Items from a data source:
============================================================

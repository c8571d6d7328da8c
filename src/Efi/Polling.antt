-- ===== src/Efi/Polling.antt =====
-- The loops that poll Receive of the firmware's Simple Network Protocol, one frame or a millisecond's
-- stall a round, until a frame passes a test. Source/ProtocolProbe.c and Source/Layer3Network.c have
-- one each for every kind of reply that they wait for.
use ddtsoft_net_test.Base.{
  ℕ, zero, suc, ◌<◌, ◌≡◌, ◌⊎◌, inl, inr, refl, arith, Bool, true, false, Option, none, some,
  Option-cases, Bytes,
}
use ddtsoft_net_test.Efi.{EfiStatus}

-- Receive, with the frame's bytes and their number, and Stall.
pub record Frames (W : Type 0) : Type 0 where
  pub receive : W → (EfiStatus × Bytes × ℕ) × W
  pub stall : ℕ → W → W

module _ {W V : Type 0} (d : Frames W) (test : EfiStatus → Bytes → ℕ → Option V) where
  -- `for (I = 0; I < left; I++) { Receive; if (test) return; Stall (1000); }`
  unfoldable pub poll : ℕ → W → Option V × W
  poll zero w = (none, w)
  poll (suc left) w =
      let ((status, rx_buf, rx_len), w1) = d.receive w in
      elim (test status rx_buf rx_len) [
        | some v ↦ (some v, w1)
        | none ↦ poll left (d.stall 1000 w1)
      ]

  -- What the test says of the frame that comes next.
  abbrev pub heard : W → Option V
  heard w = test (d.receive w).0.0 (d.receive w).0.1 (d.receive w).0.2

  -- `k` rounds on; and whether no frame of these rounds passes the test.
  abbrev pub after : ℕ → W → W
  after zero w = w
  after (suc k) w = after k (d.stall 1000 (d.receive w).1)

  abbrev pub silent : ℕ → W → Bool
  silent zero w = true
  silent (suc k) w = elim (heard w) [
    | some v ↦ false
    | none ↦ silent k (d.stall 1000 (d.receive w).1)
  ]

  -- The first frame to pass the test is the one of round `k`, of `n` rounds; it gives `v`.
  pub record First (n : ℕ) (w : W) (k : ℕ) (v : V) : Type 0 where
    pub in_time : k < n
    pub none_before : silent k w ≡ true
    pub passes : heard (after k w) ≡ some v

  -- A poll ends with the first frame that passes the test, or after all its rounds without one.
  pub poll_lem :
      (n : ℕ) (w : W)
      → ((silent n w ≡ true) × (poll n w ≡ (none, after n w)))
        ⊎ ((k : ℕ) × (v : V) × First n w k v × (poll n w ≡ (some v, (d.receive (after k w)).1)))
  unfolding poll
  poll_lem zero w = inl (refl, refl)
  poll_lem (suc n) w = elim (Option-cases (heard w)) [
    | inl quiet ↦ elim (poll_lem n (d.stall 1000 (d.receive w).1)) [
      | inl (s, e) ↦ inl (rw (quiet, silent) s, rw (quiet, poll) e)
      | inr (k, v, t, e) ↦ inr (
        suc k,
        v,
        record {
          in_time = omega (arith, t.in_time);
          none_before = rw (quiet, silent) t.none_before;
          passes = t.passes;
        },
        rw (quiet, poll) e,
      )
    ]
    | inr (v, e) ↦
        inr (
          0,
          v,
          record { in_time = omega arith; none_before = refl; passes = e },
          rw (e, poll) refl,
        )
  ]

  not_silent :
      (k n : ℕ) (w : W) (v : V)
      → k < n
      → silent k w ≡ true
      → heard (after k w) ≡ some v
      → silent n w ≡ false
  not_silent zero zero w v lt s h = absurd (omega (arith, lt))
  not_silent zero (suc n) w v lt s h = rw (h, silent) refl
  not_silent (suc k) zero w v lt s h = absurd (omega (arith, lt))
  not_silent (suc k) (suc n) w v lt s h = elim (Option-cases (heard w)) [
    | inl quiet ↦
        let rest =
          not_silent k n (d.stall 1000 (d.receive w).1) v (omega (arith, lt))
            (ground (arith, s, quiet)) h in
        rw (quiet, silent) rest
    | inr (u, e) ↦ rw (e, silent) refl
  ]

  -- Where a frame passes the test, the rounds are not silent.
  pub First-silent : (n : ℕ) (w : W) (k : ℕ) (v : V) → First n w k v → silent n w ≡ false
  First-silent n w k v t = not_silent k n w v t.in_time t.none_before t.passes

============================================================

▸ **Instructions for the task**
Could you repeat every record word for word?

▸ **Response to the task**
repository c8571d6d7328da8c
filename src/Efi/Polling.antt
-- ===== src/Efi/Polling.antt =====
-- The loops that poll Receive of the firmware's Simple Network Protocol, one frame or a millisecond's
-- stall a round, until a frame passes a test. Source/ProtocolProbe.c and Source/Layer3Network.c have
-- one each for every kind of reply that they wait for.
use ddtsoft_net_test.Base.{
  ℕ, zero, suc, ◌<◌, ◌≡◌, ◌⊎◌, inl, inr, refl, arith, Bool, true, false, Option, none, some,
  Option-cases, Bytes,
}
use ddtsoft_net_test.Efi.{EfiStatus}

-- Receive, with the frame's bytes and their number, and Stall.
pub record Frames (W : Type 0) : Type 0 where
  pub receive : W → (EfiStatus × Bytes × ℕ) × W
  pub stall : ℕ → W → W

module _ {W V : Type 0} (d : Frames W) (test : EfiStatus → Bytes → ℕ → Option V) where
  -- `for (I = 0; I < left; I++) { Receive; if (test) return; Stall (1000); }`
  unfoldable pub poll : ℕ → W → Option V × W
  poll zero w = (none, w)
  poll (suc left) w =
      let ((status, rx_buf, rx_len), w1) = d.receive w in
      elim (test status rx_buf rx_len) [
        | some v ↦ (some v, w1)
        | none ↦ poll left (d.stall 1000 w1)
      ]

  -- What the test says of the frame that comes next.
  abbrev pub heard : W → Option V
  heard w = test (d.receive w).0.0 (d.receive w).0.1 (d.receive w).0.2

  -- `k` rounds on; and whether no frame of these rounds passes the test.
  abbrev pub after : ℕ → W → W
  after zero w = w
  after (suc k) w = after k (d.stall 1000 (d.receive w).1)

  abbrev pub silent : ℕ → W → Bool
  silent zero w = true
  silent (suc k) w = elim (heard w) [
    | some v ↦ false
    | none ↦ silent k (d.stall 1000 (d.receive w).1)
  ]

  -- The first frame to pass the test is the one of round `k`, of `n` rounds; it gives `v`.
  pub record First (n : ℕ) (w : W) (k : ℕ) (v : V) : Type 0 where
    pub in_time : k < n
    pub none_before : silent k w ≡ true
    pub passes : heard (after k w) ≡ some v

  -- A poll ends with the first frame that passes the test, or after all its rounds without one.
  pub poll_lem :
      (n : ℕ) (w : W)
      → ((silent n w ≡ true) × (poll n w ≡ (none, after n w)))
        ⊎ ((k : ℕ) × (v : V) × First n w k v × (poll n w ≡ (some v, (d.receive (after k w)).1)))
  unfolding poll
  poll_lem zero w = inl (refl, refl)
  poll_lem (suc n) w = elim (Option-cases (heard w)) [
    | inl quiet ↦ elim (poll_lem n (d.stall 1000 (d.receive w).1)) [
      | inl (s, e) ↦ inl (rw (quiet, silent) s, rw (quiet, poll) e)
      | inr (k, v, t, e) ↦ inr (
        suc k,
        v,
        record {
          in_time = omega (arith, t.in_time);
          none_before = rw (quiet, silent) t.none_before;
          passes = t.passes;
        },
        rw (quiet, poll) e,
      )
    ]
    | inr (v, e) ↦
        inr (
          0,
          v,
          record { in_time = omega arith; none_before = refl; passes = e },
          rw (e, poll) refl,
        )
  ]

  not_silent :
      (k n : ℕ) (w : W) (v : V)
      → k < n
      → silent k w ≡ true
      → heard (after k w) ≡ some v
      → silent n w ≡ false
  not_silent zero zero w v lt s h = absurd (omega (arith, lt))
  not_silent zero (suc n) w v lt s h = rw (h, silent) refl
  not_silent (suc k) zero w v lt s h = absurd (omega (arith, lt))
  not_silent (suc k) (suc n) w v lt s h = elim (Option-cases (heard w)) [
    | inl quiet ↦
        let rest =
          not_silent k n (d.stall 1000 (d.receive w).1) v (omega (arith, lt))
            (ground (arith, s, quiet)) h in
        rw (quiet, silent) rest
    | inr (u, e) ↦ rw (e, silent) refl
  ]

  -- Where a frame passes the test, the rounds are not silent.
  pub First-silent : (n : ℕ) (w : W) (k : ℕ) (v : V) → First n w k v → silent n w ≡ false
  First-silent n w k v t = not_silent k n w v t.in_time t.none_before t.passes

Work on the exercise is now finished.